- _Instructions for the task_:
Among the lines of data below, reproduce only those from the one with "cache_rules-misses rule lesson (r" through the one with "empty_cache rule = refl", exactly as they stand, both ends included.
======== Information supplied
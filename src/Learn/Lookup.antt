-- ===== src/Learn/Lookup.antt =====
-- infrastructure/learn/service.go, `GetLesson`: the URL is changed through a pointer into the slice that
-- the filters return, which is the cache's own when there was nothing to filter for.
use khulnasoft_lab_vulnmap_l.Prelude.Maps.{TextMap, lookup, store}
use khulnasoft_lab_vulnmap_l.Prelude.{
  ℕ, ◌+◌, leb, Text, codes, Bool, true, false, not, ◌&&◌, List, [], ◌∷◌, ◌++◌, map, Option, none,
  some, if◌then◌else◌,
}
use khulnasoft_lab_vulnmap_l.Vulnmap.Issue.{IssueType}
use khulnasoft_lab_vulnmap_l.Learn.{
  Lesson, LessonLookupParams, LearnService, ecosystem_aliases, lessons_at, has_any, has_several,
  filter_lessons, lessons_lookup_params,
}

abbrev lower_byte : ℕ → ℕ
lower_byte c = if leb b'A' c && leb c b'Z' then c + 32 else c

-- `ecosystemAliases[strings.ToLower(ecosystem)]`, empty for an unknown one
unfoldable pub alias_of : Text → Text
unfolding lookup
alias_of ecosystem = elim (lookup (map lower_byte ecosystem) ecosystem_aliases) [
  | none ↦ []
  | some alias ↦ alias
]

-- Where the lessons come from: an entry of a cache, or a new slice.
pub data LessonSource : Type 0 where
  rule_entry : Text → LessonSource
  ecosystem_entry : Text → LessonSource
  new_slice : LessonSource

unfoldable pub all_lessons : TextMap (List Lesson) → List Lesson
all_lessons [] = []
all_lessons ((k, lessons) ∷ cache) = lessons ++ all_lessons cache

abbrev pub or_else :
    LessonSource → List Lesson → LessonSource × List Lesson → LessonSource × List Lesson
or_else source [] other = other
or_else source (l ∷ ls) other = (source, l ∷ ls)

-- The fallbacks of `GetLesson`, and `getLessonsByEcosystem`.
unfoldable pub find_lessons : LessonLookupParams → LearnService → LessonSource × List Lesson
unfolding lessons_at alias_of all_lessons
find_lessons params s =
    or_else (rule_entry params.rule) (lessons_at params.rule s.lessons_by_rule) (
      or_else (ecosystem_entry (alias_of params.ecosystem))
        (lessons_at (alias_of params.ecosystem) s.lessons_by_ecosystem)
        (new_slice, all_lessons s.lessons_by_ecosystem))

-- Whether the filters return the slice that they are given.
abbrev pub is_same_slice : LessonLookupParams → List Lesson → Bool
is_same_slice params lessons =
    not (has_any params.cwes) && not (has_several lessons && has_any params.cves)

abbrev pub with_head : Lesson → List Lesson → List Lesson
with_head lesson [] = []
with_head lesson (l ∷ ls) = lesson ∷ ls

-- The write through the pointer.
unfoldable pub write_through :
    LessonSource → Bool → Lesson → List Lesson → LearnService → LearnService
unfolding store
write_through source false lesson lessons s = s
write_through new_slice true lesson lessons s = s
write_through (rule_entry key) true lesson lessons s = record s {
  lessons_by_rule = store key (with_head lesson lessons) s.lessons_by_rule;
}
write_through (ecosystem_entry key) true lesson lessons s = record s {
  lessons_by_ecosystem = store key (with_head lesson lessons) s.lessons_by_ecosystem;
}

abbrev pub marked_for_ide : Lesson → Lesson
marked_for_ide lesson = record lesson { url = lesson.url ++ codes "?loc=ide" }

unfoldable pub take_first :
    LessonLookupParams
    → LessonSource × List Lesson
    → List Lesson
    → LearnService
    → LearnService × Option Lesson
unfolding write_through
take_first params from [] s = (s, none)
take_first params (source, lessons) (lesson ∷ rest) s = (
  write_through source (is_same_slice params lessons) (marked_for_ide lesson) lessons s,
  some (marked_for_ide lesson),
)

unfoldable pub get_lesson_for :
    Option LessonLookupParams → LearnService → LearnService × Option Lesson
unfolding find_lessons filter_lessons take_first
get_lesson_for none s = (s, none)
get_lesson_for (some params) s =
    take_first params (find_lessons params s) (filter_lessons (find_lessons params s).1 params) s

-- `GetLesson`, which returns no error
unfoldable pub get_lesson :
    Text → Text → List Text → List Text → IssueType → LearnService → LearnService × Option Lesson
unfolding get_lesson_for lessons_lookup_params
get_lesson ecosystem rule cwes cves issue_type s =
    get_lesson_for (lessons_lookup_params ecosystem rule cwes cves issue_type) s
================
======== Information supplied
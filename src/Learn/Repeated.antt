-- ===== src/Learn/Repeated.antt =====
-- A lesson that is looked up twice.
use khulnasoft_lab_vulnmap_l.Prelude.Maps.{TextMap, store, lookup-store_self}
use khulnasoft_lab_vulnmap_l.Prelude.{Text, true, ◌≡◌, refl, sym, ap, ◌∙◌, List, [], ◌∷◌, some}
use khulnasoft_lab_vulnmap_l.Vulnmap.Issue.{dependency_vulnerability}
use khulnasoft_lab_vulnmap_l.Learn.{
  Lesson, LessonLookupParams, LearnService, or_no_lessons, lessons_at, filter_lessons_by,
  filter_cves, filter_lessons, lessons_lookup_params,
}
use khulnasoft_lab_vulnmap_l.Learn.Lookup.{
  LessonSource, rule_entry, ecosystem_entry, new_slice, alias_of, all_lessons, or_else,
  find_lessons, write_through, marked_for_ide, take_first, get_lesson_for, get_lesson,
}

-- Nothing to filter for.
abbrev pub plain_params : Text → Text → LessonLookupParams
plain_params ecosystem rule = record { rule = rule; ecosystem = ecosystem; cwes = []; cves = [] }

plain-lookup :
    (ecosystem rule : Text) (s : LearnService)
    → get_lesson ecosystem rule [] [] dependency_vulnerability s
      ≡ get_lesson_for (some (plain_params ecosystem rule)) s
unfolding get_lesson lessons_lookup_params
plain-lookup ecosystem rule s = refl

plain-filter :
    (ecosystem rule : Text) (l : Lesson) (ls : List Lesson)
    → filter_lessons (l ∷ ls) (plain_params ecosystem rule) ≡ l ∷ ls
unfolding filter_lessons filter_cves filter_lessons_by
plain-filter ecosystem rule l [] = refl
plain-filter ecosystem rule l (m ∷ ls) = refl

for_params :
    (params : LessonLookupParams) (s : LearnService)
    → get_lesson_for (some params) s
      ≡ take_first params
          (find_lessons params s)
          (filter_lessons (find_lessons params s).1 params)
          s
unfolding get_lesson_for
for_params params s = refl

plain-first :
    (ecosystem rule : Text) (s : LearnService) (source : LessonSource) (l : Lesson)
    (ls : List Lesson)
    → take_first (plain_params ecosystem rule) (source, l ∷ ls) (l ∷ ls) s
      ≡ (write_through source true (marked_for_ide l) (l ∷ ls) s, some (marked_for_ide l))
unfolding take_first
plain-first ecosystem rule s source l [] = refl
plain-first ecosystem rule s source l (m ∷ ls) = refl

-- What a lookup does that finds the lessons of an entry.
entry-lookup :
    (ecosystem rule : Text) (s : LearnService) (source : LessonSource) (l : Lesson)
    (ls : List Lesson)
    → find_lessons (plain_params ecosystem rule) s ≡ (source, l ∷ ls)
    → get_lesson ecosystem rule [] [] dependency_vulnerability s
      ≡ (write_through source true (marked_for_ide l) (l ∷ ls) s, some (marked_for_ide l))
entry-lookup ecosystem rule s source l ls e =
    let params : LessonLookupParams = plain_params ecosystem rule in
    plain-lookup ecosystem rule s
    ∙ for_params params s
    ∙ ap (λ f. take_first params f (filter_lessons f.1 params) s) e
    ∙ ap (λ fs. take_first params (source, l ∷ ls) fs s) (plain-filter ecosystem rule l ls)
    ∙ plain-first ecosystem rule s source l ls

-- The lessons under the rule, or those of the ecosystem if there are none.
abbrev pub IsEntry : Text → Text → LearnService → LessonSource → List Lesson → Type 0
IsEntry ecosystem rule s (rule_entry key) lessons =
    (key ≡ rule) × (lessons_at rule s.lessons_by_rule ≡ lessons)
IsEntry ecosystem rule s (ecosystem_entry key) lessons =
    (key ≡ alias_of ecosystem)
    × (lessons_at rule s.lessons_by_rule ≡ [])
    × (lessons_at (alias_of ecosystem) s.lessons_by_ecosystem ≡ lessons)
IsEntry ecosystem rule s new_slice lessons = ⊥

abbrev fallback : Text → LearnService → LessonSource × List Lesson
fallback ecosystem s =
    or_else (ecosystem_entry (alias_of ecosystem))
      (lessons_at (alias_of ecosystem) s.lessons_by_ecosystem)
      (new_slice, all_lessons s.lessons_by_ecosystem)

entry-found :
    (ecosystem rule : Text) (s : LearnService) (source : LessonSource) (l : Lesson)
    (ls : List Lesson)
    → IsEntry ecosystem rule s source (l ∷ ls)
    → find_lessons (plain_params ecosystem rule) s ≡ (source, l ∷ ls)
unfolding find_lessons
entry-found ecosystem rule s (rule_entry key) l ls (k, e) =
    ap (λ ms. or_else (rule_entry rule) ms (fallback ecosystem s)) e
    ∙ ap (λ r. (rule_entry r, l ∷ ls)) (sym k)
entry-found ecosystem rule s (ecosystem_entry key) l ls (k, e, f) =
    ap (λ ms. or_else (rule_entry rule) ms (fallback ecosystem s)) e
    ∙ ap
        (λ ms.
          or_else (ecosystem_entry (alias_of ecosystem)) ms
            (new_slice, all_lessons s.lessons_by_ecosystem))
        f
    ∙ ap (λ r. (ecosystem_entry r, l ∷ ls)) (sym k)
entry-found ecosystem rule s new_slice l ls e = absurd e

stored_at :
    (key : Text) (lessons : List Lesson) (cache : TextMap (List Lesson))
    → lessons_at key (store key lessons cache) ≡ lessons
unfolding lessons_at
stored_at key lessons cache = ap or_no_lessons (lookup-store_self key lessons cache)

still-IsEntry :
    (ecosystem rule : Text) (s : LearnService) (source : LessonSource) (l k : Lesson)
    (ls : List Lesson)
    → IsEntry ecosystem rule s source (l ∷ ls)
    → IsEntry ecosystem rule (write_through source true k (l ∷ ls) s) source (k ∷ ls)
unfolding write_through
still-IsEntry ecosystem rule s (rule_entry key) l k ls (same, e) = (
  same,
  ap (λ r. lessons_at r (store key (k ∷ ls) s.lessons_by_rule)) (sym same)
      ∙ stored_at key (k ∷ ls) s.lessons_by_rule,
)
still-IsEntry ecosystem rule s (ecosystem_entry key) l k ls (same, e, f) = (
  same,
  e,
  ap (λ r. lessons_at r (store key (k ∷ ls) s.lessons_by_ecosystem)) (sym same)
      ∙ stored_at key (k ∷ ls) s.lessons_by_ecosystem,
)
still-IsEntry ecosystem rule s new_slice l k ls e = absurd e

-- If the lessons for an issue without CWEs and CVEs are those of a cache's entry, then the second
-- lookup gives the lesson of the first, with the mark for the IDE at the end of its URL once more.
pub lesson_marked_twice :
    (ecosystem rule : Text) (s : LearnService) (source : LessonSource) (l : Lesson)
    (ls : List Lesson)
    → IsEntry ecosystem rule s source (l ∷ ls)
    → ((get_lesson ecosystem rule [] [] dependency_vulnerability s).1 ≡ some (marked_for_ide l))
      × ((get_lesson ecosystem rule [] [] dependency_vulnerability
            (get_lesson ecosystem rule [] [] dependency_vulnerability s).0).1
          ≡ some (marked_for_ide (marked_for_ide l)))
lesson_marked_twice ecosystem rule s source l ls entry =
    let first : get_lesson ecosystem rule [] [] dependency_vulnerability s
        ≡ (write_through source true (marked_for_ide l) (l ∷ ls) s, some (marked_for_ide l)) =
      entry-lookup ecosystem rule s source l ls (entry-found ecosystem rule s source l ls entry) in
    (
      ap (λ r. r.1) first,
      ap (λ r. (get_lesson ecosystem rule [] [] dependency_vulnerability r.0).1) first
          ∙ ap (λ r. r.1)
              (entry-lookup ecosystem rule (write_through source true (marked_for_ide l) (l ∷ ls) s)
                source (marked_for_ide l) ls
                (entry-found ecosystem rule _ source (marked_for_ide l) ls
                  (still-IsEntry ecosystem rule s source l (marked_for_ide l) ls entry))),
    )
================
======== Information supplied
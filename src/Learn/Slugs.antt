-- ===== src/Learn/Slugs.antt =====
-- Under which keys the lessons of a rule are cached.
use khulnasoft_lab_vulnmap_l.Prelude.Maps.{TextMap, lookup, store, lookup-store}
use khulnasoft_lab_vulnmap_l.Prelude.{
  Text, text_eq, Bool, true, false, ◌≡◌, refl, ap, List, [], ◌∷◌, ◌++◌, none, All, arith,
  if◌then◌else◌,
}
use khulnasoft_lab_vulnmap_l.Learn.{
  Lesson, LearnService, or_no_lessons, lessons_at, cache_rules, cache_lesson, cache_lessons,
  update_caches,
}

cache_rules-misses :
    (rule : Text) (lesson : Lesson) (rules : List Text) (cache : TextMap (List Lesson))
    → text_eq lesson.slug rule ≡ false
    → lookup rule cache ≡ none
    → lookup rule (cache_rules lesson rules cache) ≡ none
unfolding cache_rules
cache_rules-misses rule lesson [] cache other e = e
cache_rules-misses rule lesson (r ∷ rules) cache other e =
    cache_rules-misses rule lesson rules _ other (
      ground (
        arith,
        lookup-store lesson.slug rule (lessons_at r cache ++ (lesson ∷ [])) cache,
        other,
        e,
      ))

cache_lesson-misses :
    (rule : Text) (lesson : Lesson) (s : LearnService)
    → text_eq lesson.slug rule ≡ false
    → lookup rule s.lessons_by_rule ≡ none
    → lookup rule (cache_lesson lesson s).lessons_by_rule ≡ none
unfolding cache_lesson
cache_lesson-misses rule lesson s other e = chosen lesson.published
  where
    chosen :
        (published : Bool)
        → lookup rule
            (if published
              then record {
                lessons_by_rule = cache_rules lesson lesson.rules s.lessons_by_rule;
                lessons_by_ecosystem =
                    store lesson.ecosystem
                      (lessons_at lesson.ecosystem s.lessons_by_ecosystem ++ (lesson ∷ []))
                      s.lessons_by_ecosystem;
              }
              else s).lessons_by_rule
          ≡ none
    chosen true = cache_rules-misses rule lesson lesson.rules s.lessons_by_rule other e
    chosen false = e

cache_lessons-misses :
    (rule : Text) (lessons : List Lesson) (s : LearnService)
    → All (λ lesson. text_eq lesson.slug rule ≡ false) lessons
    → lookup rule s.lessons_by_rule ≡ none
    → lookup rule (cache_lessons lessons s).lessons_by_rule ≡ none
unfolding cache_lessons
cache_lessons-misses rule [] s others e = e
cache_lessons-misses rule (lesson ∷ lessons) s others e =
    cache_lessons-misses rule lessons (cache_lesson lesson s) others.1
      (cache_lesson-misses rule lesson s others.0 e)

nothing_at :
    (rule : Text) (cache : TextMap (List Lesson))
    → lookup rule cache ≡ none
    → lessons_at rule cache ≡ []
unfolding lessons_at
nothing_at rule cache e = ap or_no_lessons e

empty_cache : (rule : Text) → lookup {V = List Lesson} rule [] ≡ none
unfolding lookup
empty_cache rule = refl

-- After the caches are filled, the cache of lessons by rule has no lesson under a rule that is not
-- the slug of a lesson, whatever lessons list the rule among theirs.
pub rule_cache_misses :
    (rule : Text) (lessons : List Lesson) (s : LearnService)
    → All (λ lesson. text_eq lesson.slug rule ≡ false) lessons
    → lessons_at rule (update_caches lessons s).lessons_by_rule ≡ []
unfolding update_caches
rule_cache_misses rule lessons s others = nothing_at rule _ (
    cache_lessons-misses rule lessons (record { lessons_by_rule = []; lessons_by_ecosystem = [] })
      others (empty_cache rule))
================
- _Reply_:
cache_rules-misses rule lesson (r ∷ rules) cache other e =
    cache_rules-misses rule lesson rules _ other (
      ground (
        arith,
        lookup-store lesson.slug rule (lessons_at r cache ++ (lesson ∷ [])) cache,
        other,
        e,
      ))

cache_lesson-misses :
    (rule : Text) (lesson : Lesson) (s : LearnService)
    → text_eq lesson.slug rule ≡ false
    → lookup rule s.lessons_by_rule ≡ none
    → lookup rule (cache_lesson lesson s).lessons_by_rule ≡ none
unfolding cache_lesson
cache_lesson-misses rule lesson s other e = chosen lesson.published
  where
    chosen :
        (published : Bool)
        → lookup rule
            (if published
              then record {
                lessons_by_rule = cache_rules lesson lesson.rules s.lessons_by_rule;
                lessons_by_ecosystem =
                    store lesson.ecosystem
                      (lessons_at lesson.ecosystem s.lessons_by_ecosystem ++ (lesson ∷ []))
                      s.lessons_by_ecosystem;
              }
              else s).lessons_by_rule
          ≡ none
    chosen true = cache_rules-misses rule lesson lesson.rules s.lessons_by_rule other e
    chosen false = e

cache_lessons-misses :
    (rule : Text) (lessons : List Lesson) (s : LearnService)
    → All (λ lesson. text_eq lesson.slug rule ≡ false) lessons
    → lookup rule s.lessons_by_rule ≡ none
    → lookup rule (cache_lessons lessons s).lessons_by_rule ≡ none
unfolding cache_lessons
cache_lessons-misses rule [] s others e = e
cache_lessons-misses rule (lesson ∷ lessons) s others e =
    cache_lessons-misses rule lessons (cache_lesson lesson s) others.1
      (cache_lesson-misses rule lesson s others.0 e)

nothing_at :
    (rule : Text) (cache : TextMap (List Lesson))
    → lookup rule cache ≡ none
    → lessons_at rule cache ≡ []
unfolding lessons_at
nothing_at rule cache e = ap or_no_lessons e

empty_cache : (rule : Text) → lookup {V = List Lesson} rule [] ≡ none
unfolding lookup
empty_cache rule = refl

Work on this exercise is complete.